Additionally, he said he enjoys the opportunity to be a physician-shareholder – something all associate physicians have the opportunity to do when practicing with GI Associates.

“(There’s) a period of time, typically two years of associateship, where we get to know them better, they can start developing (their practice),” he said. “We can help them develop their practice here, and then they have the opportunity to become shareholders.”

The advantages of working for independent practice don’t stop there – as Hartke said, independent providers typically receive higher pay, experience lower rates of burnout and have the ability to more nimbly respond to community needs because they have less “bureaucracy” to work through.

“You can make decisions that are patient-centered rather than organizationally centered,” he said.

At the onset of COVID-19 – when thousands of patients suddenly required virtual care – Hartke said the region’s “independent practices employed telehealth 4.7 months faster than large healthcare systems.”

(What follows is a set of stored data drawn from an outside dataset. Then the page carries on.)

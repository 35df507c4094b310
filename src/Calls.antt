-- ===== src/Calls.antt =====
-- VinixOS/userspace/lib/syscall.c: the wrappers that a user task calls. Each of them sets the
-- registers, executes `svc #0`, which runs `svc_handler` of the kernel, and takes `r0`.
pub mod Handlers
use ref_arm_os.Base.{ℤ, to_i32, to_u32, ℕ, Option, none, some}
use ref_arm_os.Svc.{Image, Kernel, Ctx, Handled, done, away, stops, svc_handler}

-- The registers that a wrapper sets before `svc #0`; the rest keep what the task had in them.
unfoldable pub trap : Image → (number arg1 arg2 arg3 : ℕ) → Ctx → Kernel → Handled
trap im number arg1 arg2 arg3 regs k =
    svc_handler im (record regs { r7 = number; r0 = arg1; r1 = arg2; r2 = arg3 }) k

-- `mov %0, r0`, where the call comes back at once
unfoldable pub ret : Handled → Option (ℤ × Kernel)
ret (done e ctx k) = some (to_i32 ctx.r0, k)
ret (away a b e ctx k) = none
ret stops = none

module _ (im : Image) (regs : Ctx) where
  unfoldable pub user_yield : Kernel → Handled
  unfolding trap
  user_yield k = trap im 2 0 0 0 regs k

  unfoldable pub user_write : (buf len : ℕ) → Kernel → Handled
  unfolding trap
  user_write buf len k = trap im 0 buf len 0 regs k

  unfoldable pub user_exit : ℤ → Kernel → Handled
  unfolding trap
  user_exit status k = trap im 1 (to_u32 status) 0 0 regs k

  unfoldable pub user_read : (buf len : ℕ) → Kernel → Handled
  unfolding trap
  user_read buf len k = trap im 3 buf len 0 regs k

  unfoldable pub user_get_tasks : (buf max_count : ℕ) → Kernel → Handled
  unfolding trap
  user_get_tasks buf max_count k = trap im 4 buf max_count 0 regs k

  unfoldable pub user_get_meminfo : (buf : ℕ) → Kernel → Handled
  unfolding trap
  user_get_meminfo buf k = trap im 5 buf 0 0 regs k

  unfoldable pub user_open : (path : ℕ) (flags : ℤ) → Kernel → Handled
  unfolding trap
  user_open path flags k = trap im 6 path (to_u32 flags) 0 regs k

  unfoldable pub user_read_file : (fd : ℤ) (buf len : ℕ) → Kernel → Handled
  unfolding trap
  user_read_file fd buf len k = trap im 7 (to_u32 fd) buf len regs k

  unfoldable pub user_close : ℤ → Kernel → Handled
  unfolding trap
  user_close fd k = trap im 8 (to_u32 fd) 0 0 regs k

  unfoldable pub user_listdir : (path entries max_entries : ℕ) → Kernel → Handled
  unfolding trap
  user_listdir path entries max_entries k = trap im 9 path entries max_entries regs k

  unfoldable pub user_exec : (path : ℕ) → Kernel → Handled
  unfolding trap
  user_exec path k = trap im 10 path 0 0 regs k
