-- ===== src/Calls/Handlers.antt =====
-- The call numbers of VinixOS/userspace/lib/syscall.c against the `switch` of
-- VinixOS/kernel/src/kernel/core/svc_handler.c.
use ref_arm_os.Base.{ℤ, to_u32, ℕ, ◌≡◌, refl}
use ref_arm_os.Svc.{
  Image, Kernel, Ctx, Handled, done, away, stops, sys_write, sys_read, sys_yield, sys_exit,
  sys_get_tasks, sys_get_meminfo, sys_open, sys_read_file, sys_close, sys_listdir, sys_exec,
  dispatch, svc_handler,
}
use ref_arm_os.Calls.{
  trap, user_yield, user_write, user_exit, user_read, user_get_tasks, user_get_meminfo, user_open,
  user_read_file, user_close, user_listdir, user_exec,
}

-- the registers after the call: `r0` holds the code
abbrev pub answered : Handled → Handled
answered (done e c k) = done e (record c { r0 = to_u32 e }) k
answered (away a b e c k) = away a b e (record c { r0 = to_u32 e }) k
answered stops = stops

-- the registers that a call enters the kernel with
abbrev pub entry : (number arg1 arg2 arg3 : ℕ) → Ctx → Ctx
entry number arg1 arg2 arg3 regs = record regs { r7 = number; r0 = arg1; r1 = arg2; r2 = arg3 }

pub svc_handler-answered :
    (im : Image) (c : Ctx) (k : Kernel) → svc_handler im c k ≡ answered (dispatch im c.r7 c k)
unfolding svc_handler
svc_handler-answered im c k = by_outcome (dispatch im c.r7 c k)
  where
    by_outcome :
        (h : Handled)
        → (elim h [
          | done e c' k' ↦ done e (record c' { r0 = to_u32 e }) k'
          | away a b e c' k' ↦ away a b e (record c' { r0 = to_u32 e }) k'
          | stops ↦ stops
        ])
          ≡ answered h
    by_outcome (done e c' k') = refl
    by_outcome (away a b e c' k') = refl
    by_outcome stops = refl

module _ (im : Image) (regs : Ctx) where
  trap-answered :
      (n a b c : ℕ) (k : Kernel)
      → trap im n a b c regs k ≡ answered (dispatch im n (entry n a b c regs) k)
  unfolding trap
  trap-answered n a b c k = svc_handler-answered im (entry n a b c regs) k

  -- Every wrapper runs, in the kernel, the handler of its name on its arguments, and finds the
  -- handler's code in `r0`: the call numbers of the two sides agree, for all arguments.
  pub wrappers-Handlers :
      (p q n : ℕ) (i : ℤ) (k : Kernel)
      → (user_write im regs p n k ≡ answered (sys_write (entry 0 p n 0 regs) k))
        × (user_exit im regs i k ≡ answered (sys_exit im (entry 1 (to_u32 i) 0 0 regs) k))
        × (user_yield im regs k ≡ answered (sys_yield (entry 2 0 0 0 regs) k))
        × (user_read im regs p n k ≡ answered (sys_read (entry 3 p n 0 regs) k))
        × (user_get_tasks im regs p n k ≡ answered (sys_get_tasks (entry 4 p n 0 regs) k))
        × (user_get_meminfo im regs p k ≡ answered (sys_get_meminfo im (entry 5 p 0 0 regs) k))
        × (user_open im regs p i k ≡ answered (sys_open (entry 6 p (to_u32 i) 0 regs) k))
        × (user_read_file im regs i p n k
            ≡ answered (sys_read_file (entry 7 (to_u32 i) p n regs) k))
        × (user_close im regs i k ≡ answered (sys_close (entry 8 (to_u32 i) 0 0 regs) k))
        × (user_listdir im regs p q n k ≡ answered (sys_listdir (entry 9 p q n regs) k))
        × (user_exec im regs p k ≡ answered (sys_exec im (entry 10 p 0 0 regs) k))
  unfolding user_write user_exit user_yield user_read user_get_tasks user_get_meminfo user_open
      user_read_file user_close user_listdir user_exec dispatch
  wrappers-Handlers p q n i k = (
    trap-answered 0 p n 0 k,
    trap-answered 1 (to_u32 i) 0 0 k,
    trap-answered 2 0 0 0 k,
    trap-answered 3 p n 0 k,
    trap-answered 4 p n 0 k,
    trap-answered 5 p 0 0 k,
    trap-answered 6 p (to_u32 i) 0 k,
    trap-answered 7 (to_u32 i) p n k,
    trap-answered 8 (to_u32 i) 0 0 k,
    trap-answered 9 p q n k,
    trap-answered 10 p 0 0 k,
  )
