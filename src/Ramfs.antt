-- ===== src/Ramfs.antt =====
-- VinixOS/kernel/src/kernel/fs/ramfs.c: the read-only file system whose files are part of the
-- kernel image. The build generates the table of names and data and the table of end addresses;
-- they are arguments here.
pub mod Laws
pub mod Lookup
use ref_arm_os.Base.{
  ltb, leb, if◌then◌else◌, length, get_or, ℤ, pos, sub32, is_neg, to_ℕ, to_i32, ℕ, suc, ◌+◌, ◌-◌,
  Bool, ◌||◌, List, [], ◌∷◌,
}
use ref_arm_os.Errno.{e_ok, e_noent, e_badf}
use ref_arm_os.Memory.{Memory, Reader, literal, memcpy, strcmp, is_match, strcpy, store32}
use ref_arm_os.FsOps.{FsOps}

-- `struct ramfs_file`; `start` is the pointer `data`, and a name is its bytes without the NUL.
pub record File : Type 0 where
  pub name : List ℕ
  pub start : ℕ
  pub size : ℕ

-- What a read past the end of the table would find; the guards rule it out.
abbrev pub no_file : File
no_file = record { name = []; start = 0; size = 0 }

abbrev pub min32 : ℕ → ℕ → ℕ
min32 a b = if ltb a b then a else b

-- `ramfs_init`: each size from the end address of the same index.
unfoldable pub ramfs_init : List File → List ℕ → List File
ramfs_init [] ends = []
ramfs_init (f ∷ fs) [] = f ∷ fs
ramfs_init (f ∷ fs) (e ∷ ends) = record f { size = sub32 e f.start } ∷ ramfs_init fs ends

-- The loop of `ramfs_lookup` from index `i` on.
unfoldable pub lookup_from : List File → ℕ → Reader → ℤ
lookup_from [] i name = e_noent
lookup_from (f ∷ fs) i name =
    if is_match (strcmp (suc (length f.name)) (literal f.name) name)
    then to_i32 i
    else lookup_from fs (i + 1) name

unfoldable pub lookup : List File → Reader → ℤ
unfolding lookup_from
lookup fs name = lookup_from fs 0 name

-- The guard of `ramfs_read` and `ramfs_get_file_info`.
abbrev pub bad_index : List File → ℤ → Bool
bad_index fs i = is_neg i || leb (length fs) (to_ℕ i)

unfoldable pub read : List File → ℤ → ℕ → ℕ → ℕ → Memory → ℤ × Memory
read fs i offset buf len m =
    let f = get_or fs (to_ℕ i) no_file in
    let n = min32 len (f.size - offset) in
    if bad_index fs i
    then (e_badf, m)
    else if leb f.size offset
    then (pos 0, m)
    else (to_i32 n, memcpy buf (f.start + offset) n m)

unfoldable pub get_file_info : List File → ℤ → ℕ → ℕ → Memory → ℤ × Memory
get_file_info fs i name_out size_out m =
    let f = get_or fs (to_ℕ i) no_file in
    if bad_index fs i
    then (e_badf, m)
    else (e_ok, store32 (strcpy name_out f.name m) size_out f.size)

-- `ramfs_ops`, as `ramfs_get_operations` returns it.
unfoldable pub ramfs_ops : List File → FsOps
ramfs_ops fs = record {
  lookup = lookup fs;
  read = read fs;
  get_file_count = to_i32 (length fs);
  get_file_info = get_file_info fs;
}
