-- ===== src/Memory/Copy.antt =====
-- What `memcpy`, `memset` and `strcpy` leave in memory.
use ref_arm_os.Base.{
  ltb, leb, if◌then◌else◌, length, ℕ, zero, suc, ◌+◌, ◌%◌, ◌≤◌, ◌<◌, ◌≡◌, refl, ap, ◌⊎◌, ◌&&◌, List,
  [], ◌∷◌, arith,
}
use ref_arm_os.Memory.{Memory, store, memcpy, memset, strcpy}

-- `memcpy` of `n` bytes writes nowhere but at the `n` addresses from `dst` on.
pub memcpy_frame :
    (n dst src : ℕ) (m : Memory) (a : ℕ) → (a < dst) ⊎ (dst + n ≤ a) → memcpy dst src n m a ≡ m a
unfolding memcpy
memcpy_frame zero dst src m a h = refl
memcpy_frame (suc n) dst src m a h =
    ground (arith, memcpy_frame n (dst + 1) (src + 1) (store m dst (m src)) a)

-- If the two regions do not meet, byte `i` of the destination becomes byte `i` of the source.
pub memcpy_copies :
    (n dst src : ℕ) (m : Memory) (i a b : ℕ)
    → (dst + n ≤ src) ⊎ (src + n ≤ dst)
    → i < n
    → a ≡ dst + i
    → b ≡ src + i
    → memcpy dst src n m a ≡ m b
unfolding memcpy
memcpy_copies zero dst src m i a b apart h ea eb = absurd (omega arith)
memcpy_copies (suc n) dst src m zero a b apart h ea eb = ground (
  arith,
  memcpy_frame n (dst + 1) (src + 1) (store m dst (m src)) a,
  ap m (let e : b ≡ src = omega arith in e),
)
memcpy_copies (suc n) dst src m (suc i) a b apart h ea eb =
    ground (arith, memcpy_copies n (dst + 1) (src + 1) (store m dst (m src)) i a b)

pub memset_frame : (n s c : ℕ) (m : Memory) (a : ℕ) → (a < s) ⊎ (s + n ≤ a) → memset s c n m a ≡ m a
unfolding memset
memset_frame zero s c m a h = refl
memset_frame (suc n) s c m a h = ground (arith, memset_frame n (s + 1) c (store m s (c % 256)) a)

-- Both halves at once: what `memset` leaves at every address.
pub memset_lem :
    (n s c : ℕ) (m : Memory) (a : ℕ)
    → memset s c n m a ≡ (if leb s a && ltb a (s + n) then c % 256 else m a)
unfolding memset
memset_lem zero s c m a = ground arith
memset_lem (suc n) s c m a = ground (arith, memset_lem n (s + 1) c (store m s (c % 256)) a)

pub strcpy_frame :
    (cs : List ℕ) (dst : ℕ) (m : Memory) (a : ℕ)
    → (a < dst) ⊎ (dst + length cs < a)
    → strcpy dst cs m a ≡ m a
unfolding strcpy
strcpy_frame [] dst m a h = ground arith
strcpy_frame (c ∷ cs) dst m a h = ground (arith, strcpy_frame cs (dst + 1) (store m dst c) a)
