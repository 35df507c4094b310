-- ===== src/Memory/Compare.antt =====
-- `strcmp` against equality of strings.
use ref_arm_os.Base.{
  ◌==◌, if◌then◌else◌, Bool-cases, length, ℤ, sub_ℕ, ℕ, suc, ◌<◌, ◌≡◌, refl, ◌↔◌, inl, inr, true,
  some, List, [], ◌∷◌, arith,
}
use ref_arm_os.Memory.{Reader, next, literal, strcmp, is_match}

-- the reader shows exactly the bytes `cs` and then a NUL
abbrev pub Holds : Reader → List ℕ → Type 0
Holds s [] = s 0 ≡ 0
Holds s (c ∷ cs) = (s 0 ≡ c) × Holds (next s) cs

abbrev pub NoNul : List ℕ → Type 0
NoNul [] = Unit {0}
NoNul (c ∷ cs) = (0 < c) × NoNul cs

-- One round over the string constant's first byte.
strcmp_step :
    (f c : ℕ) (cs : List ℕ) (s : Reader)
    → 0 < c
    → strcmp (suc f) (literal (c ∷ cs)) s
      ≡ (if c == s 0 then strcmp f (literal cs) (next s) else some (sub_ℕ c (s 0)))
unfolding strcmp
strcmp_step f c cs s h = ground arith

strcmp_step' :
    (f c : ℕ) (cs : List ℕ) (s : Reader)
    → 0 < c
    → strcmp (suc f) s (literal (c ∷ cs))
      ≡ (if s 0 == c then strcmp f (next s) (literal cs) else some (sub_ℕ (s 0) c))
unfolding strcmp
strcmp_step' f c cs s h = ground arith

-- `strcmp` ends within the bytes of a string constant and its NUL, whatever the other string.
pub strcmp_total :
    (cs : List ℕ) (s : Reader) → (d : ℤ) × (strcmp (suc (length cs)) (literal cs) s ≡ some d)
unfolding strcmp
strcmp_total [] s = (sub_ℕ 0 (s 0), refl)
strcmp_total (c ∷ cs) s = elim (Bool-cases (c == 0)) [
  | inl z ↦ (sub_ℕ c (s 0), rw (z, strcmp))
  | inr nz ↦ elim (Bool-cases (c == s 0)) [
    | inl e ↦ ((strcmp_total cs (next s)).0, rw (nz, e, strcmp) ((strcmp_total cs (next s)).1))
    | inr ne ↦ (sub_ℕ c (s 0), rw (nz, ne, strcmp))
  ]
]

pub strcmp_total' :
    (cs : List ℕ) (s : Reader) → (d : ℤ) × (strcmp (suc (length cs)) s (literal cs) ≡ some d)
unfolding strcmp
strcmp_total' [] s = elim (Bool-cases (s 0 == 0)) [
  | inl z ↦ (sub_ℕ (s 0) 0, rw (z, strcmp))
  | inr nz ↦ (sub_ℕ (s 0) 0, rw (nz, nz, strcmp))
]
strcmp_total' (c ∷ cs) s = elim (Bool-cases (s 0 == 0)) [
  | inl z ↦ (sub_ℕ (s 0) c, rw (z, strcmp))
  | inr nz ↦ elim (Bool-cases (s 0 == c)) [
    | inl e ↦ ((strcmp_total' cs (next s)).0, rw (nz, e, strcmp) ((strcmp_total' cs (next s)).1))
    | inr ne ↦ (sub_ℕ (s 0) c, rw (nz, ne, strcmp))
  ]
]

-- `strcmp` of a string constant returns 0 exactly for a string of the same bytes.
pub strcmp-Holds :
    (cs : List ℕ) (s : Reader)
    → NoNul cs
    → (is_match (strcmp (suc (length cs)) (literal cs) s) ≡ true) ↔ Holds s cs
unfolding strcmp
strcmp-Holds [] s h = ground arith
strcmp-Holds (c ∷ cs) s h =
    rw (strcmp_step (suc (length cs)) c cs s h.0) (ground (arith, strcmp-Holds cs (next s) h.1))

pub strcmp-Holds' :
    (cs : List ℕ) (s : Reader)
    → NoNul cs
    → (is_match (strcmp (suc (length cs)) s (literal cs)) ≡ true) ↔ Holds s cs
unfolding strcmp
strcmp-Holds' [] s h = ground arith
strcmp-Holds' (c ∷ cs) s h =
    rw (strcmp_step' (suc (length cs)) c cs s h.0) (ground (arith, strcmp-Holds' cs (next s) h.1))
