-- ===== src/Ramfs/Laws.antt =====
-- VinixOS/kernel/src/kernel/fs/ramfs.c against the laws that the virtual file system relies on.
use ref_arm_os.Base.{
  length, get_or, pos, is_neg, to_ℕ, ℕ, ◌+◌, ◌-◌, ◌^◌, ◌≤◌, ◌<◌, ◌≡◌, ◌⊎◌, false, List, [], ◌∷◌,
  arith,
}
use ref_arm_os.Memory.{Memory, Reader}
use ref_arm_os.Memory.Copy.{memcpy_frame, memcpy_copies, strcpy_frame}
use ref_arm_os.Memory.Compare.{NoNul}
use ref_arm_os.FsOps.{FsLaws, Apart, available}
use ref_arm_os.Ramfs.{File, no_file, min32, lookup_from, lookup, read, get_file_info, ramfs_ops}

abbrev pub start_of : List File → ℕ → ℕ
start_of fs i = (get_or fs i no_file).start

abbrev pub size_of : List File → ℕ → ℕ
size_of fs i = (get_or fs i no_file).size

-- What the build promises of the generated table: few files, small files, names that fit into
-- `file_info_t` and have no NUL.
pub record IsTable (fs : List File) : Type 0 where
  pub count_small : length fs < 2 ^ 31
  pub size_small : (i : ℕ) → i < length fs → size_of fs i < 2 ^ 31
  pub short_names : (i : ℕ) → i < length fs → length (get_or fs i no_file).name < 32
  pub names : (i : ℕ) → i < length fs → NoNul (get_or fs i no_file).name

lookup_from-range :
    (fs : List File) (i : ℕ) (name : Reader)
    → i + length fs < 2 ^ 31
    → is_neg (lookup_from fs i name) ≡ false
    → (i ≤ to_ℕ (lookup_from fs i name)) × (to_ℕ (lookup_from fs i name) < i + length fs)
unfolding lookup_from
lookup_from-range [] i name small h = cc
lookup_from-range (f ∷ fs) i name small h = ground (arith, lookup_from-range fs (i + 1) name)

read-count :
    (fs : List File)
    → IsTable fs
    → (i offset buf len : ℕ) (m : Memory) → i < length fs
    → (read fs (pos i) offset buf len m).0 ≡ pos (available (size_of fs i) offset len)
unfolding read
read-count fs t i offset buf len m h = ground (arith, t.size_small i)

read-bytes :
    (fs : List File)
    → (i offset buf len : ℕ) (m : Memory) (j : ℕ) → i < length fs
    → Apart buf len (start_of fs i) (size_of fs i)
    → j < available (size_of fs i) offset len
    → (read fs (pos i) offset buf len m).1 (buf + j) ≡ m (start_of fs i + offset + j)
unfolding read
read-bytes fs i offset buf len m j h apart k = ground (
  arith,
  memcpy_copies (min32 len (size_of fs i - offset)) buf (start_of fs i + offset) m j (buf + j)
      (start_of fs i + offset + j),
)

read-frame :
    (fs : List File)
    → (i offset buf len : ℕ) (m : Memory) (a : ℕ) → i < length fs
    → (a < buf) ⊎ (buf + available (size_of fs i) offset len ≤ a)
    → (read fs (pos i) offset buf len m).1 a ≡ m a
unfolding read
read-frame fs i offset buf len m a h out =
    ground
      (arith, memcpy_frame (min32 len (size_of fs i - offset)) buf (start_of fs i + offset) m a)

lookup-range :
    (fs : List File)
    → IsTable fs
    → (name : Reader) → is_neg (lookup fs name) ≡ false
    → to_ℕ (lookup fs name) < length fs
unfolding lookup
lookup-range fs t name h =
    omega (arith, lookup_from-range fs 0 name (let c = t.count_small in omega arith) h)

info-frame :
    (fs : List File)
    → IsTable fs
    → (i name_out size_out : ℕ) (m : Memory) (a : ℕ) → (a < name_out) ⊎ (name_out + 32 ≤ a)
    → (a < size_out) ⊎ (size_out + 4 ≤ a)
    → (get_file_info fs (pos i) name_out size_out m).1 a ≡ m a
unfolding get_file_info
info-frame fs t i name_out size_out m a out out' =
    ground (arith, t.short_names i, strcpy_frame (get_or fs i no_file).name name_out m a)

-- The operations of `ramfs_ops` over a table that the build promises meet every law of `FsLaws`:
-- a found index is in range, a read gives the bytes of the file that are left, at most as many as
-- asked for, and writes nowhere else; the entry of a file stays within its 32 bytes of name and four
-- of size.
pub ramfs_ops-FsLaws :
    (fs : List File) → IsTable fs → FsLaws (ramfs_ops fs) (length fs) (start_of fs) (size_of fs)
unfolding ramfs_ops
ramfs_ops-FsLaws fs t = record {
  count_small = t.count_small;
  size_small = t.size_small;
  lookup_range = lookup-range fs t;
  read_count = read-count fs t;
  read_bytes = read-bytes fs;
  read_frame = read-frame fs;
  info_frame = info-frame fs t;
}
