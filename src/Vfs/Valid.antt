-- ===== src/Vfs/Valid.antt =====
-- The invariant of the descriptor table, and the effect of a write to it.
use mathlib.Core.Bool.{false≢true}
use ref_arm_os.Base.{
  ◌==◌, if◌then◌else◌, length, set, length-set, get_or, replicate, get_or-set, get_or-replicate, ℤ,
  is_neg, to_ℕ, ℕ, ◌≤◌, ◌<◌, ◌≡◌, refl, sym, ap, ◌∙◌, true, false, arith,
}
use ref_arm_os.Vfs.{Fd, Vfs, max_fds, free_fd, vfs_init, fd_at, bad_fd}

-- With `count` files of the sizes `size`: 16 descriptors, of which 0 to 2 are never handed out; an
-- open one names a file, and its offset is within that file.
pub record IsValid (count : ℕ) (size : ℕ → ℕ) (v : Vfs) : Type 0 where
  pub length_fds : length v.fds ≡ max_fds
  pub reserved : (n : ℕ) → n < 3 → (fd_at v n).in_use ≡ false
  pub names_file : (n : ℕ) → (fd_at v n).in_use ≡ true → (fd_at v n).file_index < count
  pub in_file :
      (n : ℕ) → (fd_at v n).in_use ≡ true → (fd_at v n).offset ≤ size (fd_at v n).file_index

abbrev pub set_fd : Vfs → ℕ → Fd → Vfs
set_fd v n d = record v { fds = set v.fds n d }

pub fd_at-set_fd :
    (v : Vfs) (n k : ℕ) (d : Fd)
    → n < length v.fds
    → fd_at (set_fd v n d) k ≡ (if n == k then d else fd_at v k)
fd_at-set_fd v n k d h = get_or-set v.fds n k d free_fd h

module _ {count : ℕ} {size : ℕ → ℕ} where
  -- Writing a descriptor from 3 on keeps the invariant if the new entry is free or within its file.
  pub set_fd-IsValid :
      (v : Vfs) (n : ℕ) (d : Fd)
      → IsValid count size v
      → 3 ≤ n
      → n < max_fds
      → (d.in_use ≡ true → d.file_index < count)
      → (d.in_use ≡ true → d.offset ≤ size d.file_index)
      → IsValid count size (set_fd v n d)
  set_fd-IsValid v n d w lo hi fits within = record {
    length_fds = length-set v.fds n d ∙ w.length_fds;
    reserved = λ k lt. ground (arith, fd_at-set_fd v n k d, w.reserved k, w.length_fds);
    names_file = λ k u. ground (arith, fd_at-set_fd v n k d, w.names_file k, w.length_fds);
    in_file = λ k u. ground (arith, fd_at-set_fd v n k d, w.in_file k, w.length_fds);
  }

  -- A descriptor that passes the guard is open, and not one of the reserved.
  pub good_fd :
      (v : Vfs) (fd : ℤ)
      → IsValid count size v
      → bad_fd v fd ≡ false
      → (is_neg fd ≡ false)
        × (3 ≤ to_ℕ fd)
        × (to_ℕ fd < max_fds)
        × ((fd_at v (to_ℕ fd)).in_use ≡ true)
  good_fd v fd w h = ground (arith, w.reserved (to_ℕ fd))

  pub vfs_init-IsValid : IsValid count size vfs_init
  unfolding vfs_init
  vfs_init-IsValid = record {
    length_fds = refl;
    reserved = λ n lt. free n;
    names_file = λ n u. absurd (false≢true (sym (free n) ∙ u));
    in_file = λ n u. absurd (false≢true (sym (free n) ∙ u));
  }
    where
      free : (n : ℕ) → (get_or (replicate 16 free_fd) n free_fd).in_use ≡ false
      free n = ap (λ (d : Fd). d.in_use) (get_or-replicate 16 n free_fd)
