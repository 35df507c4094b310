-- ===== src/Vfs/Slots.antt =====
-- Which descriptor `vfs_open` hands out: the lowest one from 3 on that is not in use.
use ref_arm_os.Base.{
  length, get_or, drop, length-drop, get_or-drop, find_free_cases, ℕ, ◌+◌, ◌-◌, ◌≤◌, ◌<◌, ◌≡◌, refl,
  sym, ap, ◌∙◌, ◌⊎◌, inl, inr, true, false, none, some, arith,
}
use ref_arm_os.Vfs.{Fd, Vfs, free_fd, find_fd_slot, fd_at}

-- `n` is the lowest descriptor from 3 on that is not in use.
pub record IsLowest (v : Vfs) (n : ℕ) : Type 0 where
  pub above : 3 ≤ n
  pub below : n < length v.fds
  pub free : (fd_at v n).in_use ≡ false
  pub busy : (k : ℕ) → 3 ≤ k → k < n → (fd_at v k).in_use ≡ true

abbrev pub AllOpen : Vfs → Type 0
AllOpen v = (k : ℕ) → 3 ≤ k → k < length v.fds → (fd_at v k).in_use ≡ true

at-drop : (v : Vfs) (k j : ℕ) → k ≡ 3 + j → get_or (drop 3 v.fds) j free_fd ≡ fd_at v k
at-drop v k j e = rw e (get_or-drop 3 v.fds j free_fd)

pub find_fd_slot_cases :
    (v : Vfs)
    → ((n : ℕ) × (find_fd_slot (drop 3 v.fds) 3 ≡ some n) × IsLowest v n)
      ⊎ ((find_fd_slot (drop 3 v.fds) 3 ≡ none) × AllOpen v)
unfolding find_fd_slot
find_fd_slot_cases v = elim (find_free_cases (λ d. d.in_use) (drop 3 v.fds) 3 free_fd) [
  | inl (j, e, r) ↦ inl (
    3 + j,
    e,
    record {
      above = omega arith;
      below = (let h = r.in_range in omega (arith, length-drop 3 v.fds));
      free = ap (λ (d : Fd). d.in_use) (sym (at-drop v (3 + j) j refl)) ∙ r.free;
      busy = λ k lo hi.
          ap (λ (d : Fd). d.in_use) (sym (at-drop v k (k - 3) (omega arith)))
          ∙ r.before (k - 3) (omega arith);
    },
  )
  | inr (e, r) ↦ inr (
    e,
    λ k lo hi.
        ap (λ (d : Fd). d.in_use) (sym (at-drop v k (k - 3) (omega arith)))
        ∙ r (k - 3) (omega (arith, length-drop 3 v.fds)),
  )
]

The ability to more freely enact change, partnered with increased levels of autonomy, Hartke said, contributes to job satisfaction – leading to less burnout among independent providers.

“The burnout rate is lower for independent practitioners,” he said. “I feel embedded in my community. I feel like I’ve had a real sense of responsibility to my community. Not to say hospital-based physicians don’t, but it’s a little bit different because I might work longer hours, but I have more control over the hours that I work.”

Hartke said independent practices do not negate societies’ need for centralized healthcare systems.

“We do need the hospital systems – I’m not saying everything should be independent practice,” he said. “Hospitals and large healthcare systems, they’re needed for emergencies, for inpatient care, they need to be there for high-risk situations, and some of the advanced care and where it’s more safely performed in a hospital setting.”

Instead of perceiving one another as competition, Hartke said both kinds of practices should collaborate to ensure patients receive the highest quality care possible.

“The ideal scenario is that independent practices work collaboratively with hospitals and healthcare systems,” he said. “The goal is to assure that patients get the best possible care.”